- RECORD SET:
-- ===== src/Alg/Spec/Schemes.antt =====
-- What `handle_scheme_sign` makes of an asymmetric key: one with a scheme of its type.
use tpm2_tools.Alg.Ids.{
  alg_rsa, alg_null, alg_oaep, alg_rsaes, alg_ecdaa, alg_ecc, object_decrypt, object_sign_encrypt,
}
use tpm2_tools.Alg.Hashes.{one_of}
use tpm2_tools.Alg.Public.{Public, AlgParserRc, error, continue, or_default}
use tpm2_tools.Alg.Scheme.{
  SchemeMatch, no_match, sets_null, exact, hashed, match_ecc, match_rsa, turn_down, set_hash,
  halg_or, with_count, match_scheme, split_dash, sign_text, handle_scheme_sign,
}
use tpm2_tools.Alg.Spec.Keys.{
  has_hash, strtoalg-has_hash, is_type_scheme, Yields, Never, Object, is_asym_object, rsa_schemes,
  ecc_schemes,
}
use tpm2_tools.Alg.Spec.Objects.{Yields-if}
use tpm2_tools.Alg.Table.{flags_hash}
use tpm2_tools.Alg.{overlap, strtoalg, algtoflags}
use tpm2_tools.Base.Bytes.{Bytes}
use tpm2_tools.Base.Text.{codes, str_eq, str_chr}
use tpm2_tools.Base.{
  ℕ, ◌+◌, Bool, true, false, not, ◌&&◌, ◌||◌, Option, none, some, ◌==◌, if◌then◌else◌, ◌≡◌, refl,
  inl, inr, arith, Bool-cases,
}
use tpm2_tools.Errata.{clear_flags}
use tpm2_tools.Util.Number.{string_to_uint16}

-- An asymmetric key that has its scheme, and one with the scheme that `alg` is.
abbrev pub Schemed : Public → Type 0
Schemed p = (is_asym_object p && is_type_scheme p) ≡ true

abbrev is_for : Public → ℕ → Bool
is_for p alg =
    if p.type == alg_rsa
    then one_of rsa_schemes alg || alg == alg_null
    else one_of ecc_schemes alg || alg == alg_oaep

abbrev with_attributes : ℕ → Public → Public
with_attributes a p = record p { object_attributes = a }

-- `turn_down` changes the attributes only.
turn_down-case :
    (P : Public → Type 0) (p : Public) → ((a : ℕ) → P (with_attributes a p)) → P (turn_down p)
unfolding turn_down
turn_down-case P p k =
    pick (p.scheme == alg_null) (overlap p.object_attributes (object_sign_encrypt + object_decrypt))
  where
    lowered : ℕ
    lowered =
        clear_flags p.object_attributes
          (if overlap (algtoflags p.scheme) 64 then object_decrypt else object_sign_encrypt)

    pick : (b c : Bool) → P (if b then p else if c then with_attributes lowered p else p)
    pick true c = k p.object_attributes
    pick false true = k lowered
    pick false false = k p.object_attributes

-- The scheme of a match.
abbrev matched : SchemeMatch → ℕ
matched no_match = alg_null
matched sets_null = alg_null
matched (exact alg) = alg
matched (hashed alg rest) = alg

-- What a match can be: one of the type's schemes, with or without a hash as the scheme has it.
abbrev is_match : Public → SchemeMatch → Bool
is_match p no_match = true
is_match p sets_null = true
is_match p (exact alg) = is_for p alg && (alg == alg_rsaes || alg == alg_null)
is_match p (hashed alg rest) = is_for p alg && not (alg == alg_null)

set_hash-Yields :
    (halg : Bytes) (p : Public)
    → is_asym_object p ≡ true
    → is_for p p.scheme ≡ true
    → Yields Object Schemed Never (set_hash halg p)
unfolding set_hash
set_hash-Yields halg p o s = by_hash (alg == 0) refl
  where
    alg : ℕ
    alg = strtoalg halg flags_hash

    with_hash : (h : ℕ) → has_hash h ≡ true → Schemed (record p { hash_alg = h })
    with_hash h k = ground arith

    by_hash :
        (b : Bool)
        → (alg == 0) ≡ b
        → Yields Object Schemed Never (if b then error else continue, record p { hash_alg = alg })
    by_hash true e = ground arith
    by_hash false e =
        let k : has_hash alg ≡ true = strtoalg-has_hash halg (λ z. ground arith) in with_hash alg k

match_scheme-Yields :
    (m : SchemeMatch) (halg : Option Bytes) (p : Public)
    → is_asym_object p ≡ true
    → is_match p m ≡ true
    → Yields Object Schemed Never (match_scheme m halg p)
unfolding match_scheme with_count
match_scheme-Yields no_match halg p o h = ground arith
match_scheme-Yields sets_null halg p o h = ground arith
match_scheme-Yields (exact alg) none p o h =
    turn_down-case Schemed (record p { scheme = alg }) (λ a. ground arith)
match_scheme-Yields (exact alg) (some halg) p o h = ground arith
match_scheme-Yields (hashed alg rest) halg p o h =
    Yields-if Object Schemed Never (alg == alg_ecdaa) _ _
      (counted (string_to_uint16 (or_default (codes "0") rest))) (finish p o h)
  where
    finish :
        (q : Public)
        → is_asym_object q ≡ true
        → is_match q (hashed alg rest) ≡ true
        → Yields Object Schemed Never
            (set_hash (halg_or halg) (turn_down (record q { scheme = alg })))
    finish q o' h' =
        turn_down-case (λ r. Yields Object Schemed Never (set_hash (halg_or halg) r))
          (record q { scheme = alg })
          (λ a.
            set_hash-Yields (halg_or halg) (record q { scheme = alg; object_attributes = a })
              (ground arith) (ground arith))

    counted :
        (n : Option ℕ)
        → Yields Object Schemed Never (with_count n (halg_or halg) (record p { scheme = alg }))
    counted none = ground arith
    counted (some n) = finish (record p { count = n }) (ground arith) h

match_ecc-is_match :
    (p : Public) (s : Bytes) → (p.type == alg_rsa) ≡ false → is_match p (match_ecc s) ≡ true
unfolding match_ecc
match_ecc-is_match p s t = ground arith

match_rsa-is_match :
    (p : Public) (s : Bytes) → (p.type == alg_rsa) ≡ true → is_match p (match_rsa s) ≡ true
unfolding match_rsa
match_rsa-is_match p s t = ground arith

-- A handler's result without the text that comes back.
abbrev pub area : AlgParserRc × (Public × Option Bytes) → AlgParserRc × Public
area r = (r.0, r.1.0)

sign_text-Yields :
    (s : Bytes) (p : Public)
    → is_asym_object p ≡ true
    → Yields Object Schemed Never (area (sign_text s p))
unfolding sign_text
sign_text-Yields s p o = pick (str_eq s (codes "null"))
  where
    name : Bytes
    name = (split_dash (str_chr b'-' s) s).0

    halg : Option Bytes
    halg = (split_dash (str_chr b'-' s) s).1

    the_match : SchemeMatch
    the_match = if p.type == alg_ecc then match_ecc name else match_rsa name

    fits : is_match p the_match ≡ true
    fits = elim (Bool-cases (p.type == alg_ecc)) [
      | inl e ↦ rw e (match_ecc-is_match p name (ground arith))
      | inr e ↦ rw e (match_rsa-is_match p name (ground arith))
    ]

    r : AlgParserRc × Public
    r = match_scheme the_match halg p

    pick :
        (b : Bool)
        → Yields Object Schemed Never (
            area (
              if b
              then (continue, (record p { scheme = alg_null }, some s))
              else (r.0, (r.1, some name))))
    pick true = ground arith
    pick false = match_scheme-Yields the_match halg p o fits

pub handle_scheme_sign-Yields :
    (scheme : Option Bytes) (p : Public)
    → is_asym_object p ≡ true
    → Yields Object Schemed Never (area (handle_scheme_sign scheme p))
unfolding handle_scheme_sign
handle_scheme_sign-Yields none p o = ground arith
handle_scheme_sign-Yields (some s) p o = sign_text-Yields (or_default (codes "null") s) p o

- WHAT YOU NEED TO DO:
Among the entries, how many lines hold the string "Spec"? Answer with a bare number.

- TASK OUTPUT:
3